Mashed Garlic Red Potatoes with Coconut Milk

Mashed Garlic Red Potatoes with Coconut Milk

You'd never guess that these mashed potatoes don't have ANY cream and hardly any butter. This is a healthy take on a classic and comforting side dish that I hope you try.

Mashed Garlic Red Potatoes with Coconut Milk

Prep + Cooking Time:
Makes 6 Servings

Ingredients:

  • 1 pound Red potatoes, quartered
  • 1/4 large Sweet onion, chopped
  • 3 Garlic cloves, minced
  • 1/2 (13.5 ounce) can of Full fat coconut milk (including some of the coconut cream in the top of the can, if possible)
  • 1 small pat of Grass fed butter OR 1 teaspoon of Ghee
  • Extra virgin olive oil
  • Salt and Pepper
  • Chives or parsley, chopped for garnish (optional)

Method:

  1. Fill a large saucepan a little over half way with water. Add a generous amount of salt to the water.
  2. Add red potatoes and onions to the salted water and bring to a rolling boil. Cook until potatoes are fork tender (about 20 minutes).
  3. Meanwhile, bring a small skillet to medium heat, and add about a tablespoon of extra virgin olive oil.
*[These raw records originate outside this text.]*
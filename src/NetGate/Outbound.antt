-- ===== src/NetGate/Outbound.antt =====
-- backend/internal/netgate/config.go: the ordered outbound list, and what it must keep blocked.
pub mod Prefix
pub mod Backstop
use mathlib.Core.Option
use router_docker.Prelude.Exec.{Exec, continue, ◌>>=◌, ◌>>◌, pure, lift}
use router_docker.Prelude.{
  ℕ, zero, suc, ◌+◌, ◌-◌, ◌*◌, ◌/◌, ◌%◌, ◌^◌, ◌≡◌, refl, Bool, true, false, not, ◌&&◌, ◌||◌, Option,
  none, some, List, [], ◌∷◌, if◌then◌else◌, leb, ◌==◌, is_empty, Error, Result, ok, err, validation,
  invalid_action, guard, for_each,
}
use router_docker.Text.{Bytes, codes, equal, is_some}
use router_docker.Net.Address.{parse_ip, to4}
use router_docker.Net.Cidr.{IpNet, parse_cidr}
use router_docker.NetGate.Config.{OutboundRule, FileConfig, Backend, Live, load, save}

unfoldable pub validate_cidr : Bytes → Result (Unit {0})
unfolding parse_cidr parse_ip
validate_cidr cidr =
    guard (not (is_empty cidr) && (is_some (parse_cidr cidr) || is_some (parse_ip cidr))) validation

abbrev net4 : ℕ → ℕ → IpNet
net4 base ones = record { base = base; ones = ones; bits = 32 }

abbrev pub private_v4 : List IpNet
private_v4 =
    net4 (10 * 2 ^ 24) 8
    ∷ net4 (172 * 2 ^ 24 + 16 * 2 ^ 16) 12
    ∷ net4 (192 * 2 ^ 24 + 168 * 2 ^ 16) 16
    ∷ []

abbrev pub fixed_block_v4 : List IpNet
fixed_block_v4 = net4 (127 * 2 ^ 24) 8 ∷ net4 (169 * 2 ^ 24 + 254 * 2 ^ 16) 16 ∷ net4 0 8 ∷ []

constants_parse :
    (parse_cidr (codes "172.16.0.0/12") ≡ some (net4 (172 * 2 ^ 24 + 16 * 2 ^ 16) 12))
    × (parse_cidr (codes "169.254.0.0/16") ≡ some (net4 (169 * 2 ^ 24 + 254 * 2 ^ 16) 16))
unfolding parse_cidr
constants_parse = (refl, refl)

-- a network with a 16-byte mask whose address is an IPv4 one
unfoldable pub is_v4 : IpNet → Bool
unfolding to4
is_v4 n = n.bits == 32 || is_some (to4 n.base)

-- `ruleNet`: the network, if it is an IPv4 one
unfoldable pub rule_net : Bytes → Option IpNet
unfolding parse_cidr parse_ip to4 is_v4
rule_net cidr = elim (parse_cidr cidr) [
  | some n ↦ if is_v4 n then some n else none
  | none ↦ elim (parse_ip cidr) [
    | none ↦ none
    | some ip ↦ elim (to4 ip) [ none ↦ none | some v ↦ some (net4 v 32) ]
  ]
]

-- the address and the prefix of an IPv4 network in 32 bits, as `Contains` reads them
abbrev pub v4_base : IpNet → ℕ
v4_base n = if n.bits == 32 then n.base else n.base % 2 ^ 32

abbrev pub v4_ones : IpNet → ℕ
v4_ones n = if n.bits == 32 then n.ones else n.ones - 96

unfoldable pub shift_right : ℕ → ℕ → ℕ
shift_right zero v = v
shift_right (suc k) v = shift_right k (v / 2)

-- `Contains`, of an IPv4 network and address: they agree on the bits of the prefix
unfoldable pub contains : IpNet → ℕ → Bool
unfolding shift_right
contains n v = shift_right (32 - v4_ones n) (v4_base n) == shift_right (32 - v4_ones n) v

unfoldable pub covers : IpNet → IpNet → Bool
unfolding contains
covers outer inner = leb outer.ones inner.ones && contains outer (v4_base inner)

unfoldable pub overlaps : IpNet → IpNet → Bool
unfolding contains
overlaps a b = contains a (v4_base b) || contains b (v4_base a)

unfoldable pub is_allow : OutboundRule → Bool
unfolding equal
is_allow r = equal r.action (codes "allow")

unfoldable pub covered : IpNet → Option IpNet → Bool
unfolding covers
covered priv none = false
covered priv (some n) = covers n priv

-- the inner loop over the rules: whether one of them keeps the range blocked
unfoldable pub scan : IpNet → List OutboundRule → Bool → Result Bool
unfolding rule_net covered is_allow
scan priv [] blocked = ok blocked
scan priv (r ∷ rs) blocked =
    if not (covered priv (rule_net r.cidr))
    then scan priv rs blocked
    else if is_allow r
    then err validation
    else scan priv rs true

abbrev pub require_blocked : Result Bool → Result (Unit {0})
require_blocked (err x) = err x
require_blocked (ok blocked) = guard blocked validation

unfoldable pub check_private : List OutboundRule → IpNet → Result (Unit {0})
unfolding scan
check_private rules priv = require_blocked (scan priv rules false)

unfoldable pub check_fixed_of : Option IpNet → Result (Unit {0})
unfolding overlaps
check_fixed_of none = ok tt
check_fixed_of (some n) =
    for_each (λ fixed. guard (not (overlaps n fixed)) validation) fixed_block_v4

unfoldable pub check_fixed : OutboundRule → Result (Unit {0})
unfolding rule_net is_allow check_fixed_of
check_fixed r = if is_allow r then check_fixed_of (rule_net r.cidr) else ok tt

abbrev pub both : Result (Unit {0}) → Result (Unit {0}) → Result (Unit {0})
both (ok tt) k = k
both (err x) k = err x

unfoldable pub check_v4_backstop : List OutboundRule → Result (Unit {0})
unfolding check_private check_fixed
check_v4_backstop rules =
    both (for_each (check_private rules) private_v4) (for_each check_fixed rules)

unfoldable pub check_rule : OutboundRule → Result (Unit {0})
unfolding equal validate_cidr
check_rule r =
    both (guard (equal r.action (codes "allow") || equal r.action (codes "block")) invalid_action)
      (validate_cidr r.cidr)

module _ {C : Type 0} (b : Backend C) where
  unfoldable pub list_outbound : Live C (List OutboundRule)
  unfolding load
  list_outbound = do cfg ← load b; pure cfg.outbound

  unfoldable pub replace_outbound : List OutboundRule → Live C (List OutboundRule)
  unfolding check_rule check_v4_backstop load save
  replace_outbound rules = do
    lift (for_each check_rule rules)
    lift (check_v4_backstop rules)
    cfg ← load b
    save b (record cfg { outbound = rules })
    pure rules
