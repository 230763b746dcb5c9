-- ===== src/NetGate/Forwards.antt =====
-- backend/internal/netgate/config.go: the port forwards and the bandwidth limits.
pub mod Unique
pub mod Invariant
pub mod Plain
use mathlib.Core.Option
use router_docker.Prelude.Exec.{Exec, continue, ◌>>=◌, ◌>>◌, pure, lift, require}
use router_docker.Prelude.{
  ℕ, suc, ◌≡◌, Bool, true, false, not, ◌&&◌, ◌||◌, Option, none, some, List, [], ◌∷◌, ◌++◌,
  if◌then◌else◌, leb, ◌==◌, any, all, is_empty, split_last, Error, Result, ok, err, validation,
  already_exists, not_found, guard,
}
use router_docker.Text.{Bytes, codes, equal, is_alnum, contains}
use router_docker.Text.Decimal.{ℤ, pos, negsuc, int_eq, between, itoa}
use router_docker.NetGate.Config.{
  Forward, ServiceLimit, Bandwidth, FileConfig, Backend, Live, load, save,
}
use router_docker.NetGate.Outbound.{both}
use router_docker.TargetGuard

abbrev pub is_middle_byte : ℕ → Bool
is_middle_byte c = is_alnum c || c == b'.' || c == b'-'

-- the group `([a-zA-Z0-9.-]*[a-zA-Z0-9])?`
host_rest : Option (Bytes × ℕ) → Bool
host_rest none = true
host_rest (some (inner, last)) = all is_middle_byte inner && is_alnum last

-- `hostRe`, `^[a-zA-Z0-9]([a-zA-Z0-9.-]*[a-zA-Z0-9])?$`
unfoldable pub is_plain_host : Bytes → Bool
unfolding host_rest
is_plain_host [] = false
is_plain_host (c ∷ s) = is_alnum c && host_rest (split_last s)

unfoldable pub validate_host : Bytes → Result (Unit {0})
unfolding is_plain_host
validate_host host = guard (not (is_empty host) && is_plain_host host) validation

unfoldable pub validate_port : ℤ → Result (Unit {0})
unfolding between
validate_port port = guard (between 1 65535 port) validation

-- the checks of `AddForward` before the file is read, with the hosts that the environment adds
unfoldable pub check_forward : List Bytes → Forward → Result (Unit {0})
unfolding validate_port validate_host TargetGuard.validate_host itoa
check_forward allowed f = both (validate_port f.host_port) (
    both (validate_host f.target_host) (
      both (validate_port f.target_port)
        (TargetGuard.validate_host f.target_host (itoa f.target_port) allowed none)))

unfoldable pub has_port : ℤ → List Forward → Bool
unfolding int_eq
has_port port [] = false
has_port port (e ∷ es) = int_eq e.host_port port || has_port port es

-- the forwards that `DeleteForward` keeps
unfoldable pub without_port : ℤ → List Forward → List Forward
unfolding int_eq
without_port port [] = []
without_port port (e ∷ es) =
    let rest = without_port port es in if int_eq e.host_port port then rest else e ∷ rest

-- the loop of `SetBandwidth`, with the hosts seen so far
unfoldable pub check_services : List Bytes → List ServiceLimit → Result (Unit {0})
unfolding validate_host contains between
check_services seen [] = ok tt
check_services seen (s ∷ ss) = both (validate_host s.target_host) (
    both (guard (is_positive s.limit_mbps) validation) (
      both (guard (not (contains seen s.target_host)) validation)
        (check_services (s.target_host ∷ seen) ss)))
  where
    is_positive : ℤ → Bool
    is_positive (pos n) = leb 1 n
    is_positive (negsuc n) = false

is_natural : ℤ → Bool
is_natural (pos n) = true
is_natural (negsuc n) = false

unfoldable pub check_bandwidth : Bandwidth → Result (Unit {0})
unfolding is_natural check_services
check_bandwidth bw =
    both (guard (is_natural bw.total_mbps) validation) (check_services [] bw.services)

module _ {C : Type 0} (b : Backend C) where
  unfoldable pub list_forwards : Live C (List Forward)
  unfolding load
  list_forwards = do cfg ← load b; pure cfg.forwards

  unfoldable pub add_forward : List Bytes → Forward → Live C Forward
  unfolding load save
  add_forward allowed f = do
    lift (check_forward allowed f)
    cfg ← load b
    require (not (has_port f.host_port cfg.forwards)) already_exists
    save b (record cfg { forwards = cfg.forwards ++ f ∷ [] })
    pure f

  unfoldable pub delete_forward : ℤ → Live C (Unit {0})
  unfolding load save
  delete_forward port = do
    cfg ← load b
    require (has_port port cfg.forwards) not_found
    save b (record cfg { forwards = without_port port cfg.forwards })

  unfoldable pub get_bandwidth : Live C Bandwidth
  unfolding load
  get_bandwidth = do cfg ← load b; pure cfg.bandwidth

  unfoldable pub set_bandwidth : Bandwidth → Live C Bandwidth
  unfolding load save
  set_bandwidth bw = do
    lift (check_bandwidth bw)
    cfg ← load b
    save b (record cfg { bandwidth = bw })
    pure bw
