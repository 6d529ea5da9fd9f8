-- ===== src/Tests/Modular.antt =====
-- A modular power at concrete inputs.
use num_forge.Base.{◌%◌, ◌^◌, arith, refl}
use num_forge.Base.Int.{pos}
use num_forge.BigInt.Types.{Computes}
use num_forge.BigInt.Magnitude.Value.{value}
use num_forge.BigInt.Modular.{modular_pow}
use num_forge.BigInt.Modular.Powers.{modular_pow-Computes}
use num_forge.Tests.Data.{calm, full, full-IsValid, minus, minus-IsValid}
use num_forge.Tests.Arithmetic.{school}
use num_forge.Tests.Bits.{three, three-IsValid}

modular_pow-Computes_example :
    Computes minus
      (pos (3 ^ value full.limbs % value minus.limbs))
      (modular_pow school minus three full minus calm)
modular_pow-Computes_example =
    modular_pow-Computes school minus minus-IsValid minus three full 3 (value full.limbs) calm
      (omega arith) (record { valid = three-IsValid; integer = refl })
      (record { valid = full-IsValid; integer = refl })
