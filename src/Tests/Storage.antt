-- ===== src/Tests/Storage.antt =====
-- Runs of the storage layer.
use num_forge.Base.{arith}
use num_forge.BigInt.Storage.{ensure_capacity}
use num_forge.BigInt.Storage.Growth.{Ensured, ensure_capacity-Ensured}
use num_forge.Tests.Data.{limited, full}

ensure_capacity-Ensured_example : Ensured full 9 (ensure_capacity full 9 limited)
ensure_capacity-Ensured_example = ensure_capacity-Ensured full 9 limited (omega arith)
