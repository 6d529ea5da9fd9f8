-- ===== src/Tests/Text.antt =====
-- Texts and numbers at concrete inputs.
use num_forge.Base.{◌≡◌, refl, true, [], ◌∷◌}
use num_forge.Runtime.Budget.{alloc, budget_check}
use num_forge.BigInt.Types.{Computes, Gives, empty, is_ok, to_ℤ}
use num_forge.BigInt.Storage.{copy, ensure_capacity, grow, size_add, size_mul}
use num_forge.BigInt.Magnitude.Trim.{trim, significant}
use num_forge.BigInt.Magnitude.Divide.{divide_limbs}
use num_forge.BigInt.Division.{divide_by_uint64}
use num_forge.BigInt.Text.{chunk_loop, chunks_room, set_string, text_room, to_string}
use num_forge.BigInt.Text.Parsing.{Reads, set_string-Reads}
use num_forge.BigInt.Text.Bases.{set_string_base}
use num_forge.BigInt.Text.Bases.Parsing.{ReadsBase, set_string_base-ReadsBase}
use num_forge.BigInt.Text.RoundTrip.{to_string-round_trip}
use num_forge.Tests.Data.{calm, full, minus, minus-IsValid}

set_string-Reads_example :
    Gives (Reads (45 ∷ 52 ∷ 50 ∷ [])) full (set_string full (45 ∷ 52 ∷ 50 ∷ []) calm)
set_string-Reads_example = set_string-Reads full (45 ∷ 52 ∷ 50 ∷ []) calm

printed : is_ok (to_string minus calm).status ≡ true
unfolding to_string copy ensure_capacity grow size_add size_mul alloc budget_check chunks_room
    text_room chunk_loop divide_by_uint64 divide_limbs trim significant
printed = refl

to_string-round_trip_example :
    Computes empty (to_ℤ minus) (set_string empty (to_string minus calm).object calm)
to_string-round_trip_example = to_string-round_trip minus empty calm calm minus-IsValid printed

-- "+ff" in base 16.
set_string_base-ReadsBase_example :
    Gives
      (ReadsBase 16 (43 ∷ 102 ∷ 102 ∷ []))
      full
      (set_string_base full (43 ∷ 102 ∷ 102 ∷ []) 16 calm)
set_string_base-ReadsBase_example = set_string_base-ReadsBase full (43 ∷ 102 ∷ 102 ∷ []) 16 calm
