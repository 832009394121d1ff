-- ===== src/Security/Caps.antt =====
-- `drop_capabilities` of src/security.rs.
use Prim.Native.Nat.{bit_or}
use mathlib.Core.List.{foldl}
use virturust.Base.{
  ℕ, zero, suc, ◌+◌, ◌/◌, ◌%◌, ◌^◌, Bool, false, ◌||◌, List, [], ◌∷◌, ◌==◌, if◌then◌else◌,
  capset_failed,
}
use virturust.Sys.{
  Action, ◌>>◌, drop_answer, attempt, for_each, ambient_clear, bounding_drop, ambient_raise, capset,
}

abbrev pub cap_last_cap : ℕ
cap_last_cap = 40

-- CHOWN, DAC_OVERRIDE, FOWNER, FSETID, KILL, SETGID, SETUID, SETPCAP, NET_BIND_SERVICE, SYS_CHROOT,
-- MKNOD, AUDIT_WRITE and SETFCAP, by their bit positions.
abbrev pub default_caps : List ℕ
default_caps = 0 ∷ 1 ∷ 3 ∷ 4 ∷ 5 ∷ 6 ∷ 7 ∷ 8 ∷ 10 ∷ 18 ∷ 27 ∷ 29 ∷ 31 ∷ []

unfoldable pub contains : List ℕ → ℕ → Bool
contains [] x = false
contains (y ∷ ys) x = (y == x) || contains ys x

-- The rounds of `for cap in 0..=CAP_LAST_CAP` that do not `continue`, from `cap` on.
unfoldable pub caps_to_drop : (rounds cap : ℕ) → List ℕ
caps_to_drop zero cap = []
caps_to_drop (suc rounds) cap =
    let rest = caps_to_drop rounds (cap + 1) in
    if contains default_caps cap then rest else cap ∷ rest

-- `cap_mask |= 1u64 << cap`, for each default capability
unfoldable pub cap_mask : ℕ
cap_mask = foldl (λ mask cap. bit_or mask (2 ^ cap)) 0 default_caps

-- The loop of `PR_CAPBSET_DROP` calls.
unfoldable pub drop_bounding : Action (Unit {0})
drop_bounding =
    for_each (caps_to_drop (cap_last_cap + 1) 0) (λ cap. drop_answer (bounding_drop cap))

-- The loop of `PR_CAP_AMBIENT_RAISE` calls.
unfoldable pub raise_ambient : Action (Unit {0})
raise_ambient = for_each default_caps (λ cap. drop_answer (ambient_raise cap))

unfoldable pub drop_capabilities : Action (Unit {0})
drop_capabilities = do
  drop_answer ambient_clear
  drop_bounding
  attempt capset_failed (capset (cap_mask % 2 ^ 32) (cap_mask / 2 ^ 32 % 2 ^ 32))
  raise_ambient
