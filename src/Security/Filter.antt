-- ===== src/Security/Filter.antt =====
-- The seccomp filter of src/security.rs.
use Prim.Native.Nat.{bit_or}
use virturust.Base.{ℕ, ◌%◌, List, [], ◌∷◌, ◌++◌, map, length, no_new_privs_failed, seccomp_failed}
use virturust.Sys.{Action, ◌>>◌, attempt, no_new_privs, seccomp}

-- `struct sock_filter`
pub record SockFilter : Type 0 where
  pub code : ℕ
  pub jt : ℕ
  pub jf : ℕ
  pub k : ℕ

-- `BPF_LD | BPF_W | BPF_ABS`, `BPF_JMP | BPF_JEQ | BPF_K` and `BPF_RET | BPF_K`
abbrev pub ld_abs : ℕ
ld_abs = bit_or 0x00 (bit_or 0x00 0x20)

abbrev pub jeq : ℕ
jeq = bit_or 0x05 (bit_or 0x10 0x00)

abbrev pub ret : ℕ
ret = bit_or 0x06 0x00

abbrev pub seccomp_ret_allow : ℕ
seccomp_ret_allow = 0x7fff0000

-- `SECCOMP_RET_ERRNO | 1`, the error EPERM
abbrev pub seccomp_ret_eperm : ℕ
seccomp_ret_eperm = bit_or 0x00050000 1

abbrev pub blocked_syscalls : List ℕ
blocked_syscalls =
    246 ∷ 320 ∷ 169 ∷ 167 ∷ 168 ∷ 175 ∷ 313 ∷ 176 ∷ 163 ∷ 227 ∷ 305 ∷ 164 ∷ 159 ∷ 170 ∷ 171 ∷ []

abbrev pub load_nr : SockFilter
load_nr = record { code = ld_abs; jt = 0; jf = 0; k = 0 }

-- The jump to DENY over the checks that are left and ALLOW; the distance is cast to a `u8`.
abbrev pub check : ℕ → ℕ → SockFilter
check nr left = record { code = jeq; jt = left % 256; jf = 0; k = nr }

abbrev pub give : ℕ → SockFilter
give action = record { code = ret; jt = 0; jf = 0; k = action }

-- One check for each blocked call; `num_blocked - k` is the number of checks from the k-th on.
unfoldable pub checks : List ℕ → List SockFilter
checks [] = []
checks (nr ∷ rest) = check nr (length (nr ∷ rest)) ∷ checks rest

unfoldable pub build_filter : List ℕ → List SockFilter
build_filter blocked =
    load_nr ∷ (checks blocked ++ give seccomp_ret_allow ∷ give seccomp_ret_eperm ∷ [])

abbrev pub raw : SockFilter → ℕ × ℕ × ℕ × ℕ
raw i = (i.code, i.jt, i.jf, i.k)

unfoldable pub apply_seccomp_filter : Action (Unit {0})
apply_seccomp_filter = do
  attempt no_new_privs_failed no_new_privs
  attempt seccomp_failed (seccomp (map raw (build_filter blocked_syscalls)))
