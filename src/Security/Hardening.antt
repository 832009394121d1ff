-- ===== src/Security/Hardening.antt =====
-- `mask_paths` of src/security.rs.
use Prim.Native.Nat.{bit_or}
use virturust.Base.{ℕ, List, [], ◌∷◌}
use virturust.Text.{codes}
use virturust.Text.Files.{FilePath}
use virturust.Sys.{Action, ◌>>=◌, ◌>>◌, perform, drop_answer, for_each, when, exists, mount}

-- The mount flags of `libc` that the program uses.
abbrev pub ms_rdonly : ℕ
ms_rdonly = 1

abbrev pub ms_nosuid : ℕ
ms_nosuid = 2

abbrev pub ms_nodev : ℕ
ms_nodev = 4

abbrev pub ms_noexec : ℕ
ms_noexec = 8

abbrev pub ms_remount : ℕ
ms_remount = 32

abbrev pub ms_bind : ℕ
ms_bind = 4096

abbrev pub ms_rec : ℕ
ms_rec = 16384

abbrev pub ms_private : ℕ
ms_private = 262144

abbrev pub ms_strictatime : ℕ
ms_strictatime = 16777216

abbrev pub mask_targets : List FilePath
mask_targets =
    codes "/proc/kcore"
    ∷ codes "/proc/keys"
    ∷ codes "/proc/timer_list"
    ∷ codes "/proc/sched_debug"
    ∷ codes "/sys/firmware"
    ∷ []

abbrev pub readonly_paths : List FilePath
readonly_paths = codes "/proc/sys" ∷ codes "/proc/irq" ∷ codes "/proc/bus" ∷ []

unfoldable pub mask_path : FilePath → Action (Unit {0})
mask_path path = do
  there ← perform (exists path)
  when there (drop_answer (mount (codes "/dev/null") path [] ms_bind))

unfoldable pub make_readonly : FilePath → Action (Unit {0})
make_readonly path = do
  there ← perform (exists path)
  when there (do
    drop_answer (mount path path [] (bit_or ms_bind ms_rec))
    drop_answer (mount [] path [] (bit_or ms_bind (bit_or ms_remount (bit_or ms_rdonly ms_rec)))))

unfoldable pub mask_paths : Action (Unit {0})
mask_paths = do for_each mask_targets mask_path; for_each readonly_paths make_readonly
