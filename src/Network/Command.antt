-- ===== src/Network/Command.antt =====
-- `run_cmd` and the constants of src/network.rs.
use virturust.Base.{
  ℕ, Bool, true, false, List, ◌∷◌, ◌++◌, Option, none, some, ok, if◌then◌else◌, command_failed,
}
use virturust.Text.{Text, codes}
use virturust.Text.Files.{FilePath}
use virturust.Text.Number.{to_string}
use virturust.Sys.{Action, attempt, ignore, run}

abbrev pub bridge_subnet : Text
bridge_subnet = codes "10.0.42.0/24"

abbrev pub bridge_ip : Text
bridge_ip = codes "10.0.42.1"

abbrev pub bridge_ip_cidr : Text
bridge_ip_cidr = codes "10.0.42.1/24"

abbrev pub bridge_name : Text
bridge_name = codes "corten0"

abbrev pub network_state_dir : FilePath
network_state_dir = codes "/var/lib/corten/network"

abbrev pub next_ip_file : FilePath
next_ip_file = codes "/var/lib/corten/network/next_ip"

abbrev pub networks_dir : FilePath
networks_dir = codes "/var/lib/corten/networks"

-- A run of another program succeeds when the program is found and ends with status 0.
unfoldable pub run_cmd : Text → List Text → Action (Unit {0})
run_cmd program args = attempt command_failed (run program args)

-- `run_cmd(…).ok()`
unfoldable pub try_cmd : Text → List Text → Action (Unit {0})
try_cmd program args = ignore (run_cmd program args)

-- `.output()`: `none` if the program cannot be started, else whether its status is 0.
unfoldable pub output : Text → List Text → Action (Option Bool)
output program args k h = (
  ok (
      if k.succeeds h (run program args)
      then some true
      else elim (k.contents h (run program args)) [ none ↦ none | some text ↦ some false ]),
  run program args ∷ h,
)

-- `.output().map(|o| o.status.success()).unwrap_or(false)`
abbrev pub successful : Option Bool → Bool
successful (some b) = b
successful none = false

-- `.output().is_ok()`
abbrev pub started : Option Bool → Bool
started (some b) = true
started none = false

-- `{prefix}{n}`
abbrev pub numbered : Text → ℕ → Text
numbered prefix n = prefix ++ to_string n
Once the oil is hot, add minced garlic and stir for about 2 minutes.
  4. Add coconut milk and butter or ghee to the garlic in the small skillet and simmer for 5-8 minutes, or until the liquid reduces some.
  5. Once potatoes are fork tender, strain them in a colander and then return the potatoes back to the original saucepan.
  6. Add in coconut milk and garlic mixture to the potatoes, and season with a generous amount of salt and pepper to taste.
  7. Using a potato masher (or a fork), mash the potatoes until desired texture. I like mine just a little chunky!
  8. Optional: mix in fresh herbs of choice.
  9. Enjoy warm with your favorite entree.